Pero más allá de eso, lo que me interesa es destacar la valía de CODA (que es no solo el nombre que se la da a la parte final de una pieza musical, sino también el acrónimo de Child Of Deaf Adults, traducible como “hijo de padres sordos”), como uno de los más punzantes tributos al poder de la música que ha registrado el cine en los últimos tiempos. Quizá no siempre con esa intención, aunque uno así lo perciba. Sin ser un musical ni un film sobre la música.
Al salir del cine, fue la primera vez en mi vida en que se me ocurrió reparar en que si me ocurriera lo mismo que a tres de los cuatro miembros de la familia protagonista, me quedaría sin trabajo y también sin una de las cosas que más me han tocado la patata (expresión odiosa: me apetecía quemarla, usándola por única y última vez) en esta vida.
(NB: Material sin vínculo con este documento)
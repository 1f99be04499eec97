-- ===== src/Queue/Requests.antt =====
-- What a process queue asks its broker for: `receiveMessage`, `popMessage`, `pullMessage` and the `wrap…Request`
-- methods of src/main/cpp/rocketmq/ProcessQueueImpl.cpp.
use rocketmq_client_cpp.Prelude.{ℕ, ◌*◌, ◌/◌, ◌%◌, ◌≡◌, refl, true, Option, none, some, List, arith}
use rocketmq_client_cpp.Prelude.Text.{Text, text_eq_refl}
use rocketmq_client_cpp.Prelude.Int.{ℤ}
use rocketmq_client_cpp.Prelude.Table.{lookup}
use rocketmq_client_cpp.Types.{
  Message, FilterExpression, ExpressionType, wild_card_tag, accept, ReceiveMessageAction, polling,
  pull,
}
use rocketmq_client_cpp.Wire.{Timestamp, read_duration}
use rocketmq_client_cpp.Queue.{ProcessQueue, sync_idle_state}

-- What the requests take from the consumer: its table of filters among it.
pub record Receiver : Type 0 where
  pub resource_namespace : Text
  pub group_name : Text
  pub client_id : Text
  pub receive_batch_size : ℕ  -- int32_t
  pub receive_message_action : ReceiveMessageAction
  pub filters : List (Text × FilterExpression)

-- `rmq::Partition`: the namespace and the name of the topic, and the number of the queue.
pub record Partition : Type 0 where
  pub resource_namespace : Text
  pub topic : Text
  pub id : ℤ

pub record ReceiveMessageRequest : Type 0 where
  pub client_id : Text
  pub group : Text × Text
  pub partition : Partition
  pub filter_expression : FilterExpression
  pub batch_size : ℕ
  pub invisible_duration : Timestamp

pub record PullMessageRequest : Type 0 where
  pub client_id : Text
  pub group : Text × Text
  pub partition : Partition
  pub offset : ℕ
  pub batch_size : ℕ
  pub filter_expression : FilterExpression

filter_of : Option FilterExpression → FilterExpression
filter_of (some f) = f
filter_of none = record { content = wild_card_tag; type = ExpressionType.tag }

-- The filter that the consumer has for the topic now, and not the one of the queue.
unfoldable pub wrap_filter_expression : Receiver → ProcessQueue → FilterExpression
unfolding filter_of
wrap_filter_expression c q = filter_of (lookup q.message_queue.topic c.filters)

abbrev pub partition_of : Receiver → ProcessQueue → Partition
partition_of c q = record {
  resource_namespace = c.resource_namespace;
  topic = q.message_queue.topic;
  id = q.message_queue.queue_id;
}

-- A duration of milliseconds, in seconds and nanoseconds.
abbrev pub split_duration : ℕ → Timestamp
split_duration invisible_time = record {
  seconds = invisible_time / 1000;
  nanos = invisible_time % 1000 * 1_000_000;
}

unfoldable pub wrap_pop_message_request : Receiver → ℕ → ProcessQueue → ReceiveMessageRequest
wrap_pop_message_request c invisible_time q = record {
  client_id = c.client_id;
  group = (c.resource_namespace, c.group_name);
  partition = partition_of c q;
  filter_expression = wrap_filter_expression c q;
  batch_size = c.receive_batch_size;
  invisible_duration = split_duration invisible_time;
}

unfoldable pub wrap_pull_message_request : Receiver → ProcessQueue → PullMessageRequest
wrap_pull_message_request c q = record {
  client_id = c.client_id;
  group = (c.resource_namespace, c.group_name);
  partition = partition_of c q;
  offset = q.next_offset;
  batch_size = c.receive_batch_size;
  filter_expression = wrap_filter_expression c q;
}

-- To the host of the queue.
pub data Request : Type 0 where
  receive_message : Text → ReceiveMessageRequest → Request
  pull_message : Text → PullMessageRequest → Request

request_by : ReceiveMessageAction → Receiver → ℕ → ProcessQueue → Request
request_by polling c invisible_time q =
    receive_message q.message_queue.service_address (wrap_pop_message_request c invisible_time q)
request_by pull c invisible_time q =
    pull_message q.message_queue.service_address (wrap_pull_message_request c q)

-- `receiveMessage`, by `popMessage` or `pullMessage`: without a consumer nothing happens.
unfoldable pub receive_message_from :
    Option Receiver → ℕ → ℕ → ProcessQueue → ProcessQueue × Option Request
unfolding request_by
receive_message_from none invisible_time now q = (q, none)
receive_message_from (some c) invisible_time now q =
    (sync_idle_state now q, some (request_by c.receive_message_action c invisible_time q))

-- The broker reads the invisible time that was meant.
invisible_duration-read :
    (c : Receiver) (invisible_time : ℕ) (q : ProcessQueue)
    → read_duration (some (wrap_pop_message_request c invisible_time q).invisible_duration)
      ≡ invisible_time * 1_000_000
unfolding wrap_pop_message_request read_duration
invisible_duration-read c invisible_time q = omega arith

-- A message that the queue takes passes the filter of the request, while the filter of the topic is that of the
-- queue or there is none.
wrap_filter_expression-accept :
    (c : Receiver) (q : ProcessQueue) (m : Message)
    → ((f : FilterExpression)
        → lookup q.message_queue.topic c.filters ≡ some f
        → f ≡ q.filter_expression)
    → accept q.filter_expression m ≡ true
    → accept (wrap_filter_expression c q) m ≡ true
unfolding wrap_filter_expression
wrap_filter_expression-accept c q m same h = of (lookup q.message_queue.topic c.filters) same
  where
    of :
        (o : Option FilterExpression)
        → ((f : FilterExpression) → o ≡ some f → f ≡ q.filter_expression)
        → accept (filter_of o) m ≡ true
    of none same = unfold filter_of accept in rw (text_eq_refl wild_card_tag) refl
    of (some f) same = unfold filter_of in rw (same f refl) h
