-- ===== src/RateLimiter.antt =====
-- The rate limiter of the consume services, at its only size `RateLimiter<10>`:
-- src/main/cpp/base/include/RateLimiter.h. The slot of the clock is an argument.
pub mod Permits
use rocketmq_client_cpp.Prelude.Word.{u32}
use rocketmq_client_cpp.Prelude.{
  ℕ, zero, suc, ◌+◌, ◌-◌, ◌*◌, ◌/◌, ◌%◌, Bool, true, false, not, Option, none, some, List, [], ◌∷◌,
  replicate, get_or, set, ltb, leb, ◌==◌, if◌then◌else◌,
}

pub record RateLimiter : Type 0 where
  pub partition : List ℕ  -- uint32_t each
  pub permits : List ℕ  -- uint32_t each

abbrev pub size : ℕ
size = 10

-- The remainder is spread: `partition_[i * step]++` for each `i` below it, the last one first.
unfoldable pub spread : ℕ → ℕ → List ℕ → List ℕ
spread step zero l = l
spread step (suc i) l = let l' = spread step i l in set l' (i * step) (get_or l' (i * step) 0 + 1)

unfoldable pub make : ℕ → RateLimiter
make permit =
    let r = permit % size in
    let even = replicate size (permit / size) in
    record {
      partition = if r == 0 then even else spread (size / r) r even;
      permits = replicate size 0;
    }

-- The slot `j` steps before `idx`.
abbrev pub back : ℕ → ℕ → ℕ
back idx j = (idx + size - j) % size

unfoldable pub available : ℕ → RateLimiter → ℕ
available idx l = available_loop 6 l
  where
    available_loop : ℕ → RateLimiter → ℕ
    available_loop zero l = 0
    available_loop (suc j) l = u32 (available_loop j l + get_or l.permits (back idx j) 0)

-- The inner loop of `acquire(permit)` on one slot: what is left there, and what is acquired, a `uint32_t`.
unfoldable pub drain_slot : ℕ → ℕ → ℕ → ℕ × ℕ
drain_slot permit zero acquired = (0, acquired)
drain_slot permit (suc left) acquired =
    let acquired' = u32 (acquired + 1) in
    let rest = drain_slot permit left acquired' in
    if leb permit acquired' then (left, acquired') else rest

-- The loop over the past half of the cycle: the slots that are left to visit, and the step.
unfoldable pub past_loop : ℕ → ℕ → ℕ → ℕ → List ℕ → ℕ → List ℕ × ℕ
past_loop permit idx zero j permits acquired = (permits, acquired)
past_loop permit idx (suc rounds) j permits acquired =
    let at = back idx j in
    let (left, acquired') = drain_slot permit (get_or permits at 0) acquired in
    past_loop permit idx rounds (j + 1) (set permits at left) acquired'

unfoldable pub acquire_some : ℕ → ℕ → RateLimiter → RateLimiter × ℕ
acquire_some permit idx l =
    let here = get_or l.permits idx 0 in
    let (permits', acquired) = past_loop permit idx 5 1 (set l.permits idx 0) here in
    if leb permit here
    then (record l { permits = set l.permits idx (here - permit) }, permit)
    else (record l { permits = permits' }, acquired)

-- The first slot from `j` steps back with a permit.
unfoldable pub past_slot : ℕ → ℕ → ℕ → List ℕ → Option ℕ
past_slot idx zero j permits = none
past_slot idx (suc rounds) j permits =
    let rest = past_slot idx rounds (j + 1) permits in
    if ltb 0 (get_or permits (back idx j) 0) then some (back idx j) else rest

abbrev pub first_slot : ℕ → List ℕ → Option ℕ
first_slot idx permits =
    if ltb 0 (get_or permits idx 0) then some idx else past_slot idx 5 1 permits

pub take_one : RateLimiter → Option ℕ → Option RateLimiter
take_one l none = none
take_one l (some at) = some (record l { permits = set l.permits at (get_or l.permits at 0 - 1) })

-- `acquire()` up to its wait: `none` where it waits.
unfoldable pub acquire : ℕ → RateLimiter → Option RateLimiter
unfolding take_one
acquire idx l = take_one l (first_slot idx l.permits)

-- After the wait, on the slot that the clock shows then; at 0 the counter wraps.
unfoldable pub acquire_woken : ℕ → RateLimiter → RateLimiter
acquire_woken idx l = record l {
  permits = set l.permits idx ((get_or l.permits idx 0 + 4_294_967_295) % 4_294_967_296);
}

unfoldable pub tick : ℕ → RateLimiter → RateLimiter
tick idx l = record l { permits = set l.permits idx (get_or l.partition idx 0) }
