-- ===== src/RateLimiter/Permits.antt =====
-- Where the permits of RateLimiter.h go.
use rocketmq_client_cpp.Prelude.Word.{u32}
use rocketmq_client_cpp.Prelude.{
  ℕ, zero, suc, ◌+◌, ◌-◌, ◌≡◌, ◌≤◌, ◌<◌, refl, ap, Option, none, some, List, [], ◌∷◌, get_or, set,
  length, length-set, ltb, leb, arith, Bool-cases, inl, inr, ◌∙◌, subst,
}
use rocketmq_client_cpp.RateLimiter.{
  RateLimiter, back, drain_slot, past_loop, acquire_some, past_slot, first_slot, take_one, acquire,
}

abbrev pub total : List ℕ → ℕ
total [] = 0
total (x ∷ xs) = x + total xs

total-set : (l : List ℕ) (i v : ℕ) → i < length l → total (set l i v) + get_or l i 0 ≡ total l + v
total-set [] i v h = elim h [ ]
total-set (x ∷ l) zero v h = omega arith
total-set (x ∷ l) (suc i) v h = omega (arith, total-set l i v (omega (arith, h)))

drain_slot_lem :
    (permit left acquired : ℕ)
    → left + acquired < 4_294_967_296
    → (drain_slot permit left acquired).0 + (drain_slot permit left acquired).1 ≡ left + acquired
unfolding drain_slot
drain_slot_lem permit zero acquired h = refl
drain_slot_lem permit (suc left) acquired h =
    let next : u32 (acquired + 1) ≡ acquired + 1 = omega (arith, h) in
    let rest = drain_slot_lem permit left (u32 (acquired + 1)) (omega (arith, h)) in
    elim (Bool-cases (leb permit (u32 (acquired + 1)))) [
      | inl full ↦ rw full (omega (arith, h))
      | inr more ↦ rw more (omega (arith, rest, next))
    ]

drain_slot-le :
    (permit left acquired bound : ℕ)
    → permit ≤ bound
    → acquired + 1 ≤ bound
    → (drain_slot permit left acquired).1 ≤ bound
unfolding drain_slot
drain_slot-le permit zero acquired bound h k = omega (arith, k)
drain_slot-le permit (suc left) acquired bound h k =
    elim (Bool-cases (leb permit (u32 (acquired + 1)))) [
      | inl full ↦ rw full (omega (arith, k))
      | inr more ↦ rw more (drain_slot-le permit left (u32 (acquired + 1)) bound h (ground arith))
    ]

past_loop-total :
    (permit idx rounds j : ℕ) (permits : List ℕ) (acquired : ℕ)
    → length permits ≡ 10
    → total permits + acquired < 4_294_967_296
    → total (past_loop permit idx rounds j permits acquired).0
        + (past_loop permit idx rounds j permits acquired).1
      ≡ total permits + acquired
unfolding past_loop
past_loop-total permit idx zero j permits acquired h small = refl
past_loop-total permit idx (suc rounds) j permits acquired h small =
    let at = back idx j in
    let drained = drain_slot permit (get_or permits at 0) acquired in
    let emptied = total-set permits at 0 (omega (arith, h)) in
    let slot =
      drain_slot_lem permit (get_or permits at 0) acquired (omega (arith, emptied, small)) in
    let moved = total-set permits at drained.0 (omega (arith, h)) in
    omega (
      arith,
      past_loop-total permit idx rounds (j + 1) (set permits at drained.0) drained.1
          (length-set permits at drained.0 ∙ h) (omega (arith, moved, slot, small)),
      slot,
      moved,
    )

past_loop-le :
    (permit idx rounds j : ℕ) (permits : List ℕ) (acquired bound : ℕ)
    → permit ≤ bound + 1
    → acquired ≤ bound
    → (past_loop permit idx rounds j permits acquired).1 ≤ bound + rounds
unfolding past_loop
past_loop-le permit idx zero j permits acquired bound h k = omega (arith, k)
past_loop-le permit idx (suc rounds) j permits acquired bound h k =
    let at = back idx j in
    let drained = drain_slot permit (get_or permits at 0) acquired in
    let now =
      drain_slot-le permit (get_or permits at 0) acquired (bound + 1) h (omega (arith, k)) in
    omega (
      arith,
      past_loop-le permit idx rounds (j + 1) (set permits at drained.0) drained.1 (bound + 1)
          (omega (arith, h)) now,
    )

-- In a cycle of ten slots whose permits add up to less than 2^32, no permit is made or lost: what is
-- left in all the slots and what acquire of a number of permits hands out, in whichever slot the clock
-- is, add up to what was there.
pub acquire_some-total :
    (permit idx : ℕ) (l : RateLimiter)
    → length l.permits ≡ 10
    → idx < 10
    → total l.permits < 4_294_967_296
    → total (acquire_some permit idx l).0.permits + (acquire_some permit idx l).1 ≡ total l.permits
unfolding acquire_some
acquire_some-total permit idx l h k small =
    let here = get_or l.permits idx 0 in
    let emptied = total-set l.permits idx 0 (omega (arith, h, k)) in
    elim (Bool-cases (leb permit here)) [
      | inl enough ↦
          rw enough (ground (arith, total-set l.permits idx (here - permit) (omega (arith, h, k))))
      | inr short ↦ rw short (
          omega (
            arith,
            past_loop-total permit idx 5 1 (set l.permits idx 0) here
                (length-set l.permits idx 0 ∙ h) (omega (arith, emptied, small)),
            emptied,
          ))
    ]

-- An acquire of some permits hands out at most four more than asked for.
acquire_some-le : (permit idx : ℕ) (l : RateLimiter) → (acquire_some permit idx l).1 ≤ permit + 4
unfolding acquire_some
acquire_some-le permit idx l =
    let here = get_or l.permits idx 0 in
    elim (Bool-cases (leb permit here)) [
      | inl enough ↦ rw enough (omega arith)
      | inr short ↦ rw short (
          let below : here < permit = ground arith in
          omega (
            arith,
            below,
            past_loop-le permit idx 5 1 (set l.permits idx 0) here (permit - 1)
                (omega (arith, below)) (omega (arith, below)),
          ))
    ]

past_slot-held :
    (idx rounds j pick : ℕ) (permits : List ℕ)
    → past_slot idx rounds j permits ≡ some pick
    → (0 < get_or permits pick 0) × (pick < 10)
unfolding past_slot
past_slot-held idx zero j pick permits e = absurd cc
past_slot-held idx (suc rounds) j pick permits e =
    elim (Bool-cases (ltb 0 (get_or permits (back idx j) 0))) [
      | inl held ↦
          let here : back idx j ≡ pick = ground arith in
          subst (λ k. (0 < get_or permits k 0) × (k < 10)) here (ground arith, omega arith)
      | inr empty ↦ past_slot-held idx rounds (j + 1) pick permits (rw empty at e)
    ]

first_slot-held :
    (idx pick : ℕ) (permits : List ℕ)
    → idx < 10
    → first_slot idx permits ≡ some pick
    → (0 < get_or permits pick 0) × (pick < 10)
first_slot-held idx pick permits k e = elim (Bool-cases (ltb 0 (get_or permits idx 0))) [
  | inl held ↦
      let here : idx ≡ pick = ground arith in
      subst (λ n. (0 < get_or permits n 0) × (n < 10)) here (ground arith, k)
  | inr empty ↦ past_slot-held idx 5 1 pick permits (rw empty at e)
]

take_one-total :
    (l l' : RateLimiter) (o : Option ℕ)
    → length l.permits ≡ 10
    → ((pick : ℕ) → o ≡ some pick → (0 < get_or l.permits pick 0) × (pick < 10))
    → take_one l o ≡ some l'
    → total l'.permits + 1 ≡ total l.permits
unfolding take_one
take_one-total l l' none h held e = absurd cc
take_one-total l l' (some pick) h held e =
    let (pos, below) = held pick refl in
    let one = total-set l.permits pick (get_or l.permits pick 0 - 1) (omega (arith, h, below)) in
    let same : set l.permits pick (get_or l.permits pick 0 - 1) ≡ l'.permits = ground arith in
    omega (arith, one, pos, ap total same)

-- A single acquire that does not wait takes exactly one permit out of the slots.
acquire-total :
    (idx : ℕ) (l l' : RateLimiter)
    → length l.permits ≡ 10
    → idx < 10
    → acquire idx l ≡ some l'
    → total l'.permits + 1 ≡ total l.permits
unfolding acquire
acquire-total idx l l' h k e =
    take_one-total l l' (first_slot idx l.permits) h (λ pick. first_slot-held idx pick l.permits k)
      e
Lo damos por supuesto quienes no hemos perdido el sentido del oído, y no deberíamos. Conservarlo es una suerte y un privilegio, aunque apenas nos demos cuenta.

La trama es esta: la protagonista, interpretada por Emilia Jones, es una adolescente nacida en una familia en la que tanto sus padres (interpretados por Marlee Matlin, ganadora del Óscar por Hijos de un Dios Menor en 1986, y Troy Kotsur) como su hermano (encarnado por Daniel Durant), son sordomudos. Ella es la única que no lo es. Su sueño es ganarse la vida cantando, pero para ello debe cortar lazos con ellos y con su modo de vida (son pescadores de alta mar) y alistarse en la elitista escuela de Berklee en Boston, a ochenta kilómetros de donde viven, Gloucester. Sus padres, obviamente, no lo entienden. Nunca han podido oírla.
Me quedo con cuatro escenas. La primera, al principio de la peli, cuando el padre afirma disfrutar con la música hip hop. Es la única cuyos bajos sísmicos, atronando a todo volumen dentro del coche familiar, puede llegar a sentir, aunque solo sea su chasis (y no es una broma mala). La segunda, cuando la familia al completo acude a una función escolar de su hija: mientras canta, se hace un silencio total en la cinta y podemos experimentar cómo tres personas sordomudas asimilan un concierto. Al principio, con cara de póker. No entienden nada. Pero cuando observan detenidamente los rostros de bienestar, confort o emoción de quienes les rodean, empiezan a encajar todas las piezas. Es un homenaje a la imbatible capacidad transformadora de la música.
“La escena de la función escolar que deja al espectador sintiendo lo mismo que un sordomudo es de una fuerza tremenda, como un homenaje a la capacidad transformadora de la música”.
La tercera, cuando en la audición para ingresar en Berklee, la protagonista canta e interpreta en lengua de signos todo lo que emite su garganta, para que su familia sepa cuál es la letra de “Both Sides Now” (1966), de Joni Mitchell, que es la canción que aborda. Hoy en día son muchos ya los músicos que se acompañan de una intérprete en lengua de signos sobre el escenario (Rozalén, por ejemplo), pero ninguno de ellos es capaz de hacer ambas cosas al mismo tiempo, y la verdad es que impresiona mucho cómo los dos lenguajes, el gestual de la lengua de signos y el puramente musical, se retroalimentan. Y el cuarto, cuando el personaje del padre le pide a su hija que la cante la otra canción a su hija (que es “You’re All I Need to Get By”, de Marvin Gaye & Tammi Terrell ), y cuando esta lo hace, él le pone las palmas de sus manos sobre su cuello para captar la vibración, cuando podía haberse conformado con leerle los labios. Necesita sentir cómo vibra.
The Shaggs, The Clash, Isley Brothers, Etta James y David Bowie también asoman en la banda sonora de la película, en la que también el algo histriónico personaje del profesor que interpreta el mexicano Eugenio Derbez juega un papel importante, aunque a veces nos recuerde a alguno de los profesores de OT y similares. Pero aquí lo importante no son tanto los ingredientes, las actuaciones o la trama, como la enorme y conmovedora fuerza expresiva de esos momentos en los que la música emerge como un tsunami capaz de llevarse todo por delante, un lenguaje universal que nació para derribar todos las barreras y diques imaginables, incluido el más extremo: la privación física del sentido que teóricamente permite disfrutarla.